Hubris
Winslow Myers
As I write, a plume of crude oil from the Deepwater Horizon explosion is moving toward Cuba, our purported enemy—but an enemy surrounded by the healthiest coral reefs in the Caribbean, a breeding ground for fish that eventually come to populate vast reaches of the single interconnected ocean that surrounds all continents.
It is hard not to think, during these tense weeks of waiting and hoping for the capping of the well, about human technological hubris in all its brightness and darkness.
The engineers who designed and built that oil rig must have taken great pride in the remarkable achievement of successfully pumping oil from such an incredible depth.
And yet at the same time that our great deeds amaze us, our total technological infrastructure has become larger than us. We, or it, can unleash powers that can affect the earth on a geophysical scale.
There was a moment back in 1945 when physicists were preparing for the first test of an atomic weapon at Los Alamos. A few scientists predicted that there was a tiny chance that the bomb could actually light the atmosphere on fire and incinerate the planet. We went ahead regardless.
Hundreds of tests by a number of nations later, we still have our atmosphere, but the very cells of every living thing, including us, are permeated with subtle radioactive compounds. We went ahead regardless.
The pervasive illusion was that the humans who are in charge of oil rigs would never let an accident of this magnitude happen. But it did.
The pervasive illusion is that the humans who are in charge of nuclear weapons will not let an accident happen. But it may.
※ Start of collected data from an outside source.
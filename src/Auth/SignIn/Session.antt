-- ===== src/Auth/SignIn/Session.antt =====
-- Who is signed in after a callback of app/auth/flow.py.
use sre_tab.Common.{
  ltb, eqb, if◌then◌else◌, Bool-cases, All, Text, text_eq, nat_eq, ◌==◌, eq_of_true, scalar,
  exists_row, update_rows, scalar-append_none, ℕ, ◌+◌, ◌*◌, ◌≡◌, refl, sym, subst, ap, ◌∙◌, inl,
  inr, Bool, true, false, Option, none, some, List, [], ◌∷◌, arith,
}
use sre_tab.Models.{User, UserSession, Settings, day}
use sre_tab.Auth.Tokens.{Crypto, compare_secret, hash_session_token}
use sre_tab.Auth.Csrf.{or_empty}
use sre_tab.Auth.Sessions.{
  create_session, revoke_session, resolve_session, is_live, owner, resolve_session-create_session,
  revoke_session_not_live,
}
use sre_tab.Auth.Pipeline.{is_authorised}
use sre_tab.Auth.State.{Outstanding, consume}
use sre_tab.Auth.SignIn.{
  GitHubProfile, GitHub, Tables, Callback, signed_in, has_github_id, new_user, upsert_user,
  revoke_current, admit, load_profile, admit_profile, is_bound, complete_sign_in,
}
use sre_tab.Auth.SignIn.Users.{UniqueIds, scalar-upsert_id, merged_described}

-- No session has the digest.
abbrev pub IsFresh : Text → List UserSession → Type 0
IsFresh hash sessions = exists_row (λ row. row.token_hash == hash) sessions ≡ false

fresh_not_live :
    (hash : Text) (now : ℕ) (sessions : List UserSession)
    → IsFresh hash sessions
    → scalar (is_live hash now) sessions ≡ none
unfolding exists_row scalar is_live
fresh_not_live hash now [] h = refl
fresh_not_live hash now (row ∷ sessions) h = ground (arith, h, fresh_not_live hash now sessions)

update_rows-IsFresh :
    (hash : Text) (p : UserSession → Bool) (at : ℕ) (sessions : List UserSession)
    → IsFresh hash sessions
    → IsFresh hash (update_rows p (λ row. record row { revoked_at = some at }) sessions)
unfolding exists_row update_rows
update_rows-IsFresh hash p at [] h = refl
update_rows-IsFresh hash p at (row ∷ sessions) h =
    ground (arith, h, update_rows-IsFresh hash p at sessions)

revoke_current-IsFresh :
    (crypto : Crypto) (hash : Text) (at : ℕ) (token : Option Text) (sessions : List UserSession)
    → IsFresh hash sessions
    → IsFresh hash (revoke_current crypto at token sessions)
unfolding revoke_current revoke_session
revoke_current-IsFresh crypto hash at none sessions h = h
revoke_current-IsFresh crypto hash at (some []) sessions h = h
revoke_current-IsFresh crypto hash at (some (c ∷ token)) sessions h =
    update_rows-IsFresh hash _ at sessions h

-- Somebody who is signed in: on the allow-list, from the browser that began the sign-in, with a state
-- that is redeemed now, and in a session that lasts for its lifetime.
pub record IsSignedIn (crypto : Crypto) (settings : Settings) (callback : Callback)
    (outstanding : Outstanding) (now : ℕ) (user : User) (after : Tables) : Type 0 where
  pub authorised : is_authorised user.github_id settings ≡ true
  pub bound : or_empty callback.state_cookie ≡ callback.state
  pub redeemed :
      (consume crypto settings.session_secret callback.before_redeem callback.before_purge
        callback.state outstanding).1
      ≡ true
  pub in_session : resolve_session crypto now after.users after.sessions callback.new_token ≡ (
      if ltb now (callback.before_session + settings.session_ttl_days * day)
      then some user
      else none)

admit_profile_some :
    (crypto : Crypto) (settings : Settings) (callback : Callback) (found : Option GitHubProfile)
    (tables after : Tables) (user : User)
    → admit_profile crypto settings callback found tables ≡ signed_in user after
    → (profile : GitHubProfile) × ((is_authorised profile.github_id settings ≡ true)
        × (admit crypto settings callback profile tables ≡ signed_in user after))
unfolding admit_profile
admit_profile_some crypto settings callback none tables after user h = absurd (ground (arith, h))
admit_profile_some crypto settings callback (some profile) tables after user h =
    elim (Bool-cases (is_authorised profile.github_id settings)) [
      | inl yes_listed ↦ (profile, (yes_listed, ground (arith, h, yes_listed)))
      | inr unlisted ↦ absurd (ground (arith, h, unlisted))
    ]

signed_in_same : (a b : User) (s t : Tables) → signed_in a s ≡ signed_in b t → (a ≡ b) × (s ≡ t)
signed_in_same a b s t h = (cc, cc)

-- The session that an admission starts, in the tables that it leaves.
admit-session :
    (crypto : Crypto) (settings : Settings) (callback : Callback) (profile : GitHubProfile)
    (tables after : Tables) (user : User) (now : ℕ)
    → UniqueIds tables.users
    → All (λ (other : User). eqb other.id callback.new_user_id ≡ false) tables.users
    → IsFresh (hash_session_token crypto callback.new_token) tables.sessions
    → admit crypto settings callback profile tables ≡ signed_in user after
    → (user.github_id ≡ profile.github_id)
      × (resolve_session crypto now after.users after.sessions callback.new_token ≡ (
          if ltb now (callback.before_session + settings.session_ttl_days * day)
          then some user
          else none))
unfolding admit upsert_user
admit-session crypto settings callback profile tables after user now unique unused fresh h =
    let (same_user, same_tables) = signed_in_same _ user _ after h in
    (
      sym (ap (λ (u : User). u.github_id) same_user)
          ∙ ap (λ (u : User). u.github_id)
              (merged_described callback.new_user_id profile tables.users
                (scalar (has_github_id profile.github_id) tables.users) refl),
      subst
          (λ (r : User × Tables).
            resolve_session crypto now r.1.users r.1.sessions callback.new_token ≡ (
              if ltb now (callback.before_session + settings.session_ttl_days * day)
              then some r.0
              else none))
          (pair same_user same_tables)
          (resolve_session-create_session crypto settings callback.before_session now _ _
            callback.new_token _
            (fresh_not_live (hash_session_token crypto callback.new_token) now _ (
              revoke_current-IsFresh crypto _ callback.before_revoke callback.current_session_token
                tables.sessions fresh))
            (scalar-upsert_id (has_github_id profile.github_id)
              (new_user callback.new_user_id profile) profile tables.users unused unique)),
    )
  where
    pair : {a b : User} → {s t : Tables} → a ≡ b → s ≡ t → ◌≡◌ {A = User × Tables} (a, s) (b, t)
    pair p q = cc

-- Somebody is signed in only with the state that their browser's cookie holds, while it is
-- outstanding and unexpired, as a GitHub account on the allow-list; and the new token is that user's
-- until the lifetime of a session is over. Users have unique ids, the new id is not in use, and the
-- digest of the new token is not in the table.
pub complete_sign_in-IsSignedIn :
    (crypto : Crypto) (settings : Settings) (github : GitHub) (callback : Callback)
    (outstanding : Outstanding) (tables after : Tables) (user : User) (now : ℕ)
    → UniqueIds tables.users
    → All (λ (other : User). eqb other.id callback.new_user_id ≡ false) tables.users
    → IsFresh (hash_session_token crypto callback.new_token) tables.sessions
    → (complete_sign_in crypto settings github callback outstanding tables).1 ≡ signed_in user after
    → IsSignedIn crypto settings callback outstanding now user after
unfolding complete_sign_in
complete_sign_in-IsSignedIn crypto settings github callback outstanding tables after user now unique
      unused fresh h =
    let bound : is_bound callback ≡ true = ground (arith, h) in
    let redeemed : (consume crypto settings.session_secret callback.before_redeem
          callback.before_purge callback.state outstanding).1
        ≡ true =
      ground (arith, h, bound) in
    let (profile, (listed, admitted)) =
      admit_profile_some crypto settings callback (load_profile github callback.code) tables after
        user (ground (arith, h, bound, redeemed)) in
    let (same_id, session) =
      admit-session crypto settings callback profile tables after user now unique unused fresh
        admitted in
    record {
      authorised = ap (λ id. is_authorised id settings) same_id ∙ listed;
      bound = cookie_is_state bound;
      redeemed = redeemed;
      in_session = session;
    }
  where
    cookie_is_state : is_bound callback ≡ true → or_empty callback.state_cookie ≡ callback.state
    cookie_is_state b =
        unfold is_bound compare_secret in
        eq_of_true {K = Text} (or_empty callback.state_cookie) callback.state (ground (arith, b))

old_not_resolved :
    (crypto : Crypto) (settings : Settings) (at now start : ℕ) (users : List User) (user : User)
    (old new : Text) (sessions : List UserSession)
    → (hash_session_token crypto new == hash_session_token crypto old) ≡ false
    → resolve_session crypto now users
        (create_session crypto settings start user new (revoke_session crypto at sessions old).0)
        old
      ≡ none
unfolding resolve_session create_session
old_not_resolved crypto settings at now start users user old new sessions differ =
    ap (owner users) (
      scalar-append_none (is_live (hash_session_token crypto old) now)
        (revoke_session crypto at sessions old).0 _
        (revoke_session_not_live crypto at now sessions old)
      ∙ not_new)
  where
    started : UserSession
    started = record {
      user_id = user.id;
      token_hash = hash_session_token crypto new;
      expires_at = start + settings.session_ttl_days * day;
      revoked_at = none;
    }

    not_new :
        (if is_live (hash_session_token crypto old) now started then some started else none) ≡ none
    not_new = unfold is_live in rw differ refl

-- A sign-in ends the session that the browser came with: its token resolves to nobody from then on,
-- at whatever time, if its digest is not that of the new token.
pub complete_sign_in_rotates :
    (crypto : Crypto) (settings : Settings) (github : GitHub) (callback : Callback)
    (outstanding : Outstanding) (tables after : Tables) (user : User) (now c : ℕ) (token : Text)
    → callback.current_session_token ≡ some (c ∷ token)
    → (hash_session_token crypto callback.new_token == hash_session_token crypto (c ∷ token))
      ≡ false
    → (complete_sign_in crypto settings github callback outstanding tables).1 ≡ signed_in user after
    → resolve_session crypto now after.users after.sessions (c ∷ token) ≡ none
unfolding complete_sign_in
complete_sign_in_rotates crypto settings github callback outstanding tables after user now c token
      current differ h =
    let bound : is_bound callback ≡ true = ground (arith, h) in
    let redeemed : (consume crypto settings.session_secret callback.before_redeem
          callback.before_purge callback.state outstanding).1
        ≡ true =
      ground (arith, h, bound) in
    let (profile, (_, admitted)) =
      admit_profile_some crypto settings callback (load_profile github callback.code) tables after
        user (ground (arith, h, bound, redeemed)) in
    of_admit profile admitted
  where
    of_admit :
        (profile : GitHubProfile)
        → admit crypto settings callback profile tables ≡ signed_in user after
        → resolve_session crypto now after.users after.sessions (c ∷ token) ≡ none
    of_admit profile admitted =
        unfold admit revoke_current in
        let (_, same_tables) = signed_in_same _ user _ after admitted in
        subst (λ (t : Tables). resolve_session crypto now t.users t.sessions (c ∷ token) ≡ none)
          same_tables
          (rw current (
            old_not_resolved crypto settings callback.before_revoke now callback.before_session
              (upsert_user callback.new_user_id profile tables.users).0
              (upsert_user callback.new_user_id profile tables.users).1 (c ∷ token)
              callback.new_token tables.sessions differ))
Because our minds are currently focused upon the possibility of a terrorist getting hold of one nuclear weapon, we do not give much thought to the 10,000-odd weapons in the charge of fallible human citizens from nine nuclear nations.
For everything nuclear to continue “fail-safe” down through the decades ahead, every one of those thousands of humans must never, not once, misinterpret a mistaken signal coming in from another nation as a sign of actual hostility. All the electronics connected to the weapons must function perfectly. Is that realistic? Is that possible?
What do we do? First, we tell it like it is. There is a difference between, say, upping the threat level against the government of Iran to try to get them to behave in a certain way—and admitting that all nations have the nuclear problem in common. This problem will not even be fully solved even when all nations have abolished nuclear weapons. Why? Because weapons can be rebuilt and the whole spiral toward Armageddon can begin again. We have changed the conditions for our survival—forever—and our minds and hearts must change in response.
We are a remarkable species. If we have the engineering capacity to go to the moon or build a space station or pull oil from below the ocean floor, surely we have the capacity to look down the time-stream and take humble and prudent action to prevent catastrophe.
We need a much deeper, more pervasive realization that we are radically interdependent, that we are all in this together, not only all human “allies” and “enemies,” but also coral reefs and infant fish. It hardly matters whether the momentum of our technological advance is driven by wonder, possibility, and the thrill of risk, or by greed and fear, or a mix of all these. Absent a deep ethical reorientation toward what is best for the whole planet, that momentum will—will, not may—end in disaster. When might this realization begin to influence decisions taken by corporate boards, or supreme courts, or adversarial diplomats jockeying for national advantage?
Winslow Myers, the author o “Living Beyond War: A Citizen’s Guide,” serves on the board of Beyond War, a non-profit educational foundation working to end all war.